When a structure is protruding into a space where it is not normally located, this is called a 'hernia'. There can be hernias in many parts of the body. Since the diaphragm is a relatively thin structure, hernias through the diaphragm are not uncommon through weak points, or related to trauma. The type of hernia that these two patients have (with abdominal contents crossing upward in the posterior-lateral part of the diaphragm) are called Bochdalek hernias, named for a Bohemian anatomist. This type of hernia can happen in neonates, and can sometimes be large enough to affect their breathing. When they are found in adults, they are often smaller and relatively asymptomatic. This particular patient has quite a large Bochdalek hernia on the left, which may well compromise his left lung function somewhat. However, he was relatively asymptomatic. The first patient had a smaller Bochdalek hernia on the right and his symptoms were not likely related to that, but more likely were due to his left pleural disease.
Case 1
This is a select coronal CT image from the second patient. Try to identify the labeled structures.
Question 7:
a) How are the patient's arms positioned for a chest CT?
They are usually overhead, as you can seem from this image looking at the position of the lateral chest wall muscles.

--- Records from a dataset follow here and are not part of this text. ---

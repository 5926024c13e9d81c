-- ===== src/Protocol/Completion.antt =====
-- A reply ends the search for its destination.
use mathlib.Core.Option as Opt
use fp_jaringan_nirkabel.Base.{
  ℕ, suc, length, length-remove_if-le, arith, ==_refl, ◌≡◌, refl, ap, ◌∙◌, true, false, none, some,
  ◌++◌, map, Bool-cases, Returns, inl, inr,
}
use fp_jaringan_nirkabel.AddressMap.{find}
use fp_jaringan_nirkabel.AddressMap.Laws.{find-erase}
use fp_jaringan_nirkabel.Net.{Time}
use fp_jaringan_nirkabel.Platform.{Platform}
use fp_jaringan_nirkabel.RouteEntry.{
  RoutingTableEntry, in_search, is_in_search, new_entry, set_rreq_cnt,
}
use fp_jaringan_nirkabel.RoutingTable.{
  RoutingTable, has_run_out, purge_entry, purge, lookup_route, update, stored,
}
use fp_jaringan_nirkabel.RoutingTable.Invariant.{IsValid, update-IsValid}
use fp_jaringan_nirkabel.RoutingTable.Lookup.{find-purge}
use fp_jaringan_nirkabel.RequestQueue.{is_expired}
use fp_jaringan_nirkabel.Routing.{accepts, update_forward_route}
use fp_jaringan_nirkabel.Routing.Freshness.{find-updated}
use fp_jaringan_nirkabel.Routing.Validity.{update_forward_route-IsValid}
use fp_jaringan_nirkabel.Discovery.{or_default}
use fp_jaringan_nirkabel.Discovery.Returns.{find-purge_in_search}
use fp_jaringan_nirkabel.Packet.Rrep.{RrepHeader, get_ack_required}
use fp_jaringan_nirkabel.Protocol.{Node, Protocol, dropped, is_my_own_address, table_of, sockets_of}
use fp_jaringan_nirkabel.Protocol.Flush.{flush, live, expired, send_loop-flush}
use fp_jaringan_nirkabel.Protocol.RecvRequest.{or_previous}
use fp_jaringan_nirkabel.Protocol.Replies.{offer, settled, recv_own_reply, recv_route_reply}

module _ (node : Node) (now : Time) where
  stored-offer :
      (h : RrepHeader) (receiver sender : ℕ)
      → stored (offer node now h receiver sender) ≡ offer node now h receiver sender
  unfolding stored offer new_entry is_in_search set_rreq_cnt
  stored-offer h receiver sender = refl

  purge_entry-live :
      (bad : Time) (dst : ℕ) (e : RoutingTableEntry)
      → has_run_out now e ≡ false
      → purge_entry now bad dst e ≡ some e
  unfolding purge_entry
  purge_entry-live bad dst e h = rw h refl

module _ {D : Type 0} ⦃o : Platform D⦄ (node : Node) (now : Time) where
  -- Whether the reply is accepted or not, there is a route in the end.
  forward_route_there :
      (offered to_dst : RoutingTableEntry) (t : RoutingTable D)
      → find offered.route.destination (purge now t).routes ≡ some to_dst
      → (x : RoutingTableEntry) × (find offered.route.destination
            (update_forward_route now offered t).routes
          ≡ some x)
  unfolding update_forward_route lookup_route
  forward_route_there offered to_dst t there =
      elim (Bool-cases (accepts offered.seq_no offered.hops to_dst)) [
        | inl better ↦ (
          stored offered,
          rw (there, update_forward_route, better)
              (find-updated offered to_dst (purge now t) there),
        )
        | inr worse ↦ (to_dst, rw (there, update_forward_route, worse) there)
      ]

  -- A reply to a search of this node that asks for no acknowledgement, with a life time that has
  -- not run out, where the table is valid and has the route in search: whatever sequence number and
  -- hop count it has, its route becomes the route to the destination, the timer of the search is
  -- taken off, and the waiting packets go out along that route.
  pub recv_route_reply-completes :
      (h : RrepHeader) (receiver sender ttl : ℕ) (to_dst : RoutingTableEntry) (s : Protocol D)
      → IsValid (table_of s)
      → find h.dst (table_of s).routes ≡ some to_dst
      → to_dst.flag ≡ in_search
      → is_my_own_address h.origin (sockets_of s) ≡ true
      → get_ack_required h ≡ false
      → has_run_out now (offer node now h receiver sender) ≡ false
      → let offered = offer node now h receiver sender in
        Returns (recv_route_reply node now h receiver sender ttl s) (λ r.
          (find h.dst (table_of r.0).routes ≡ some offered)
          × (find h.dst r.0.discovery.address_req_timer ≡ none)
          × (r.0.queue.queue ≡ (flush node h.dst offered.route (live now s.queue)).0)
          × (r.1
              ≡ map dropped (expired now s.queue)
                ++ (flush node h.dst offered.route (live now s.queue)).1))
  unfolding recv_route_reply recv_own_reply settled lookup_route or_default or_previous Opt.bind
  recv_route_reply-completes h receiver sender ttl to_dst s v there searching mine no_ack fresh =
      let offered = offer node now h receiver sender in
      let t = table_of s in
      let still = find-purge_in_search now h.dst to_dst t v there searching in
      let t2 = update_forward_route now offered t in
      let v2 = update_forward_route-IsValid now offered t v in
      let (x, found) = forward_route_there offered to_dst t still in
      let t3 = (update offered t2).0 in
      let v3 = update-IsValid offered t2 v2 in
      let written : find h.dst t3.routes ≡ some offered =
        find-updated offered x t2 found ∙ ap some (stored-offer node now h receiver sender) in
      let kept : find h.dst (purge now t3).routes ≡ some offered =
        find-purge now h.dst t3 v3
        ∙ rw written (purge_entry-live node now t3.bad_link_lifetime h.dst offered fresh) in
      let sent =
        send_loop-flush node now h.dst offered.route (suc (length s.queue.queue)) s.queue
          (omega (arith, length-remove_if-le (is_expired now) s.queue.queue)) in
      rw (no_ack, mine, still, searching, kept, sent)
        (
          kept,
          find-erase h.dst h.dst s.discovery.address_req_timer ∙ rw (==_refl h.dst) refl,
          refl,
          refl,
        )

This is to make the body more tubular overall in shape, which decreases artifact from having the beam go through a very flattened oval (as the chest and shoulders typically are if the arms are at the sides).
b) How are the patient's arms positioned for an abdomen CT?
They are usually also overhead, but as the abdomen is already fairly tubular in shape, sometimes they are at the sides or across the chest. And of course, they would not be elevated in the setting of trauma or injury to chest wall or shoulder or upper extremity.
Case 1
This is the same labeled coronal CT image. Red is the aorta (upper part is the arch and lower part is the junction of thoracic and abdominal descending aorta), aqua is right pulmonary artery, yellow is left atrium (with some right lung pulmonary veins joining), green is the left kidney. Spleen (S) and liver L are also labeled.
Question 8:
What nerve supplies the diaphragm?
The phrenic nerve, arising high up in the neck from C2,4 and 5. It travels down along each side of the mediastinum, passing anterior to the pulmonary hilum to reach the diaphragm, which it pierces and spreads out on the deep surface.
Case 1
This is a diagram to review the complex embryology of the formation of the diaphragm, as well as the various structures that normally pass through the diaphragm.
Question 9:
a) Why is the diaphragm prone to development of hernias?
If the various embryologic components that make up the normal diaphragm do not quite fuse normally, it can leave weak spots. Also, since various holes are required to let structures pass through, these can also lead to development of hernias.
b) Which normal opening in the diaphragm is most prone to developing hernias?
The opening for the esophagus is often a site for hernias, called 'hiatal hernias'. In this situation, the stomach can herniate upward into the chest and this can lead to problems with normal closure of the lower esophageal sphincter. This can result in acid reflux into the esophagus and heartburn.